Saturday, October 13, 2012

8 Ways to Generate Leads for Your Selling System


Last month, we identified an ingredient essential to your business -- a selling system that delivers enough new and repeat revenue to meet your growth and income objectives.  As a reminder, an effective selling system includes:
  1. Lead generation -- A repeatable process for finding those who might need your product or service
  2. Opportunity development -- When prospects put their hands in the air, wanting to hear more
  3. Qualification -- Sorting out the "best few" prospects -- those who want and need exactly what you sell
  4. Proposal -- A specific selling proposition to which a prospect can say "yes"
  5. Closing -- Getting a prospect to say "yes", "no" or "not now"
  6. Farming -- Maintaining and renewing your company's visibility with the "not now's"
How does your own selling system compare?
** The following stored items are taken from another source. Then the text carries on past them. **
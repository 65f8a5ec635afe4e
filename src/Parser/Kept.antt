-- ===== src/Parser/Kept.antt =====
-- A plan that the parser gives is made by calls that are checked for types: komfydb/parser.cc.
use mathlib.Core.Path.{subst}
use komfy_db.Base.{◌≡◌, List, [], ◌∷◌, ℕ, true, false, Bytes}
use komfy_db.Base.State.{◌>>=◌, ◌>>◌, lift}
use komfy_db.Base.Status
use komfy_db.Base.Status.{StatusOr, ok, err, fault, no_fuel, invalid_argument, ok-injective}
use komfy_db.Execution.LogicalPlan.{LogicalPlan, empty_plan}
use komfy_db.Execution.LogicalPlan.Build.{
  Building, Call, run, scan, aggregate, order_by, limit_to, add_scan, add_group_by, add_aggregate,
  add_select, add_order_by, add_limit,
}
use komfy_db.Execution.LogicalPlan.Build
use komfy_db.Parser.Condition.{column, parse_simple_expression, hsql_op_to_op}
use komfy_db.Parser.Built.{
  Built, Keeps, then-Keeps, read-Keeps, column-Keeps, call-Keeps, parse_simple_expression-Keeps,
}
use komfy_db.Parser.Select.{
  column_ref_star, from_names, table_ids, add_scans, parse_from_clause, group_columns,
  parse_group_by, argument, select_column, parse_column_selection, direction, parse_order_by,
  parse_limit, built, parse_where_expression, subplan_of, generate_logical_plan,
}
use komfy_db.Parser.Syntax.{
  OperatorType, op_and, TableRef, Expr, Exprs, column_ref, literal_int, star, function_ref,
  operator, group_by, GroupByDescription, no_group_by, OrderDescriptions, no_order_by, order_nil,
  order_cons, LimitDescription, no_limit, limit, SelectStatement, select_statement,
}
use komfy_db.Storage.Catalog.{Catalog}

module _ {Sub : Type 0} (c : Catalog) where
  add_scans-Keeps : (ids : List (ℕ × Bytes)) → Keeps {Sub = Sub} c (add_scans ids)
  unfolding add_scans
  add_scans-Keeps [] = λ p b. b
  add_scans-Keeps ((id, alias) ∷ rest) =
      then-Keeps c (add_scan id alias) (λ u. add_scans rest)
        (call-Keeps c (scan id alias) (λ p. tt)) (λ u. add_scans-Keeps rest)

  parse_from_clause-Keeps : (from : TableRef) → Keeps {Sub = Sub} c (parse_from_clause c from)
  unfolding parse_from_clause
  parse_from_clause-Keeps from =
      read-Keeps c (λ p. Status.◌>>=◌ (from_names from) (table_ids c)) add_scans add_scans-Keeps

  group_columns-Keeps : (columns : Exprs) → Keeps {Sub = Sub} c (group_columns columns)
  unfolding group_columns
  group_columns-Keeps Exprs.nil = λ p b. b
  group_columns-Keeps (Exprs.cons (column_ref table name) rest) =
      then-Keeps c (column table name >>= λ ref. add_group_by ref) (λ u. group_columns rest)
        (column-Keeps c table name add_group_by
          (λ ref. call-Keeps c (Build.group_by ref) (λ p. tt)))
        (λ u. group_columns-Keeps rest)
  group_columns-Keeps (Exprs.cons Expr.null rest) = λ p b. b
  group_columns-Keeps (Exprs.cons expr rest) = λ p b. b

  parse_group_by-Keeps : (descr : GroupByDescription) → Keeps {Sub = Sub} c (parse_group_by descr)
  unfolding parse_group_by
  parse_group_by-Keeps no_group_by = λ p b. b
  parse_group_by-Keeps (group_by true columns) = λ p b. b
  parse_group_by-Keeps (group_by false columns) = group_columns-Keeps columns

  argument-Keeps :
      (name : Bytes) (expr_list : Exprs)
      → Keeps {Sub = Sub} c (argument expr_list >>= λ ref. add_aggregate name ref)
  argument-Keeps name (Exprs.cons (column_ref table column_name) Exprs.nil) =
      column-Keeps c table column_name (add_aggregate name)
        (λ ref. call-Keeps c (aggregate name ref) (λ p. tt))
  argument-Keeps name (Exprs.cons star Exprs.nil) =
      call-Keeps c (aggregate name column_ref_star) (λ p. tt)
  argument-Keeps name (Exprs.cons Expr.null Exprs.nil) = λ p b. b
  argument-Keeps name expr_list = λ p b. b

  select_column-Keeps : (it : Expr) → Keeps {Sub = Sub} c (select_column it)
  unfolding select_column
  select_column-Keeps (function_ref name expr_list) = argument-Keeps name expr_list
  select_column-Keeps (column_ref table name) =
      column-Keeps c table name add_select (λ ref. call-Keeps c (Build.select ref) (λ p. tt))
  select_column-Keeps star = call-Keeps c (Build.select column_ref_star) (λ p. tt)
  select_column-Keeps Expr.null = λ p b. b
  select_column-Keeps expr = λ p b. b

  parse_column_selection-Keeps :
      (columns : Exprs) → Keeps {Sub = Sub} c (parse_column_selection columns)
  unfolding parse_column_selection
  parse_column_selection-Keeps Exprs.nil = λ p b. b
  parse_column_selection-Keeps (Exprs.cons it rest) =
      then-Keeps c (select_column it) (λ u. parse_column_selection rest) (select_column-Keeps it)
        (λ u. parse_column_selection-Keeps rest)

  parse_order_by-Keeps : (descr : OrderDescriptions) → Keeps {Sub = Sub} c (parse_order_by descr)
  unfolding parse_order_by
  parse_order_by-Keeps no_order_by = λ p b. b
  parse_order_by-Keeps (order_cons type (column_ref table name) order_nil) =
      column-Keeps c table name (λ ref. add_order_by ref (direction type))
        (λ ref. call-Keeps c (order_by ref (direction type)) (λ p. tt))
  parse_order_by-Keeps (order_cons type Expr.null order_nil) = λ p b. b
  parse_order_by-Keeps descr = λ p b. b

  parse_limit-Keeps : (descr : LimitDescription) → Keeps {Sub = Sub} c (parse_limit descr)
  unfolding parse_limit
  parse_limit-Keeps no_limit = λ p b. b
  parse_limit-Keeps (limit (literal_int ival)) = call-Keeps c (limit_to ival) (λ p. tt)
  parse_limit-Keeps (limit Expr.null) = λ p b. b
  parse_limit-Keeps (limit expr) = λ p b. b

built-ok :
    {Sub : Type 0} (s : LogicalPlan Sub × StatusOr (Unit {0})) {plan : LogicalPlan Sub}
    → built s ≡ ok plan
    → s.0 ≡ plan
built-ok (p, ok u) h = ok-injective h
built-ok (p, err e) h = cc
built-ok (p, fault) h = cc
built-ok (p, no_fuel) h = cc

module _ {Sub : Type 0} (pack : LogicalPlan Sub → Sub) (c : Catalog) where
  comparison-Keeps :
      (op_type : OperatorType) (expr expr2 : Expr)
      → Keeps c (
          lift (hsql_op_to_op op_type) >>= λ op.
          parse_simple_expression expr op expr2 (subplan_of pack c expr2))
  comparison-Keeps op_type expr expr2 =
      read-Keeps c (λ p. hsql_op_to_op op_type)
        (λ op. parse_simple_expression expr op expr2 (subplan_of pack c expr2))
        (λ op. parse_simple_expression-Keeps c expr op expr2 (subplan_of pack c expr2))

  parse_where_expression-Keeps : (expr : Expr) → Keeps c (parse_where_expression pack c expr)
  unfolding parse_where_expression
  parse_where_expression-Keeps Expr.null = λ p b. b
  parse_where_expression-Keeps (operator op_and expr expr2) =
      then-Keeps c (parse_where_expression pack c expr) (λ u. parse_where_expression pack c expr2)
        (parse_where_expression-Keeps expr) (λ u. parse_where_expression-Keeps expr2)
  parse_where_expression-Keeps (operator op_type expr expr2) = comparison-Keeps op_type expr expr2
  parse_where_expression-Keeps expr = λ p b. b

  -- The plan of a SELECT is made by allowed calls.
  pub generate_logical_plan-Built :
      (stmt : SelectStatement) {plan : LogicalPlan Sub}
      → generate_logical_plan pack c stmt ≡ ok plan
      → Built Sub c plan
  unfolding generate_logical_plan
  generate_logical_plan-Built
        (select_statement from_table where_clause grouped select_list order limit_descr) h =
      let from = parse_from_clause c from_table in
      let conditions = parse_where_expression pack c where_clause in
      let groups = parse_group_by grouped in
      let columns = parse_column_selection select_list in
      let ordered = parse_order_by order in
      let limited = parse_limit limit_descr in
      subst (Built Sub c)
        (built-ok ((from >> conditions >> groups >> columns >> ordered >> limited) (empty_plan c))
          h)
        (then-Keeps c (from >> conditions >> groups >> columns >> ordered) (λ u. limited)
          (then-Keeps c (from >> conditions >> groups >> columns) (λ u. ordered)
            (then-Keeps c (from >> conditions >> groups) (λ u. columns)
              (then-Keeps c (from >> conditions) (λ u. groups)
                (then-Keeps c from (λ u. conditions) (parse_from_clause-Keeps c from_table)
                  (λ u. parse_where_expression-Keeps where_clause))
                (λ u. parse_group_by-Keeps c grouped))
              (λ u. parse_column_selection-Keeps c select_list))
            (λ u. parse_order_by-Keeps c order))
          (λ u. parse_limit-Keeps c limit_descr) (empty_plan c) Built.empty)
Can you describe how each part works in your company?  What part of your system is the bottleneck in your growth?

In most businesses, it starts right at the beginning -- with an inadequate or non-functional lead generation mechanism. How can you improve your lead generation machine?

First, recognize that lead generation strategies are not universal. For some companies, advertising really works. For others, it's useless. For local high-touch and service businesses, networking is the name of the game. For others, such as products distributed globally, it's simply impractical. Here are some lead-generation strategies you might consider adding to what's already working for you:

  1. Advertising -- Tried and true, and effective if you have a product or service with broad appeal. Best combined with a trackable special offer, coupon, 800 number or web landing page, perhaps embedded in a QR code.  Plan in advance to measure each ad's effectiveness. For some companies, advertising just doesn't work.  The narrower your niche -- either product or customers, the harder it is to find an effective advertising venue. You're paying to reach a lot of "eyeballs" that can't help you.
       
  2. Direct Mail -- Costly, but effective if you know exactly to whom you want your message delivered, such as a specific job description in a specific vertical market. Or homeowners in a certain age of neighborhood. Very low yield, because available mailing lists are lousy, no matter what the vendors say.  You have to send a lot of mail.  "Lumpy mail" is a good idea.  
          
  3. Email -- Hugely successful for us at CEBI.  The tricky part is acquiring the email list -- you'll need a strategy for that, and it can be combined with a separate email campaign for farming existing prospects (step 6 above).  Believe it or not, an effective prospecting email is only about 4 lines - something someone can reply to from a smart phone.
          
  4. Networking -- Labor-intensive but hugely effective. If you're selling in limited geography and your lead-generation strategy doesn't include multiple networking events per week, you're missing the boat. Impractical if your footprint is large.
          
  5. Web Marketing -- Essential. Search Engine Optimization is key if you're selling something lots of people are looking for. If not, your website content is an early differentiator in determining whether leads inquire for more information.
         
  6. Social Media -- Still evolving, and generally most effective in reaching a broad base of consumers. A few CEBI members are finding ways to leverage Social Media in Business-to-Business marketing. It takes a lot of maintenance and almost daily attention from someone.
       
  7. Trade Shows and Conferences -- Speaking and presenting papers at conferences is a great lead generator, plus it enhances your positioning as a domain expert in your business.  The technical paper can then be repurposed in e-newsletters, on your website, as hard copy collateral, etc.   Trade shows can work either of two ways.  You can exhibit at a show that attracts your ideal prospects.  Or you can attend a show where your prospects are exhibiting, and do a sort of "reverse sales interview" at their booth, gathering an amazing amount of information.
        
  8. Referrals and "Word of Mouth" -- These are excellent sources, and you have to have a strategy to make them happen.   A lot of businesses rely heavily on these because they don't have any other strategy that works.  They don't grow very fast, as a result -- your customers are busy promoting their own businesses, and usually don't have time to promote yours enough to meet your growth objectives. 
Your lead generation mechanism is the cornerstone of your selling system. Make sure you know it's working and that it's generating enough opportunities to meet your growth plans.  If you don't have a lead generation system that works, you may have to hire someone to help you build one -- I did. 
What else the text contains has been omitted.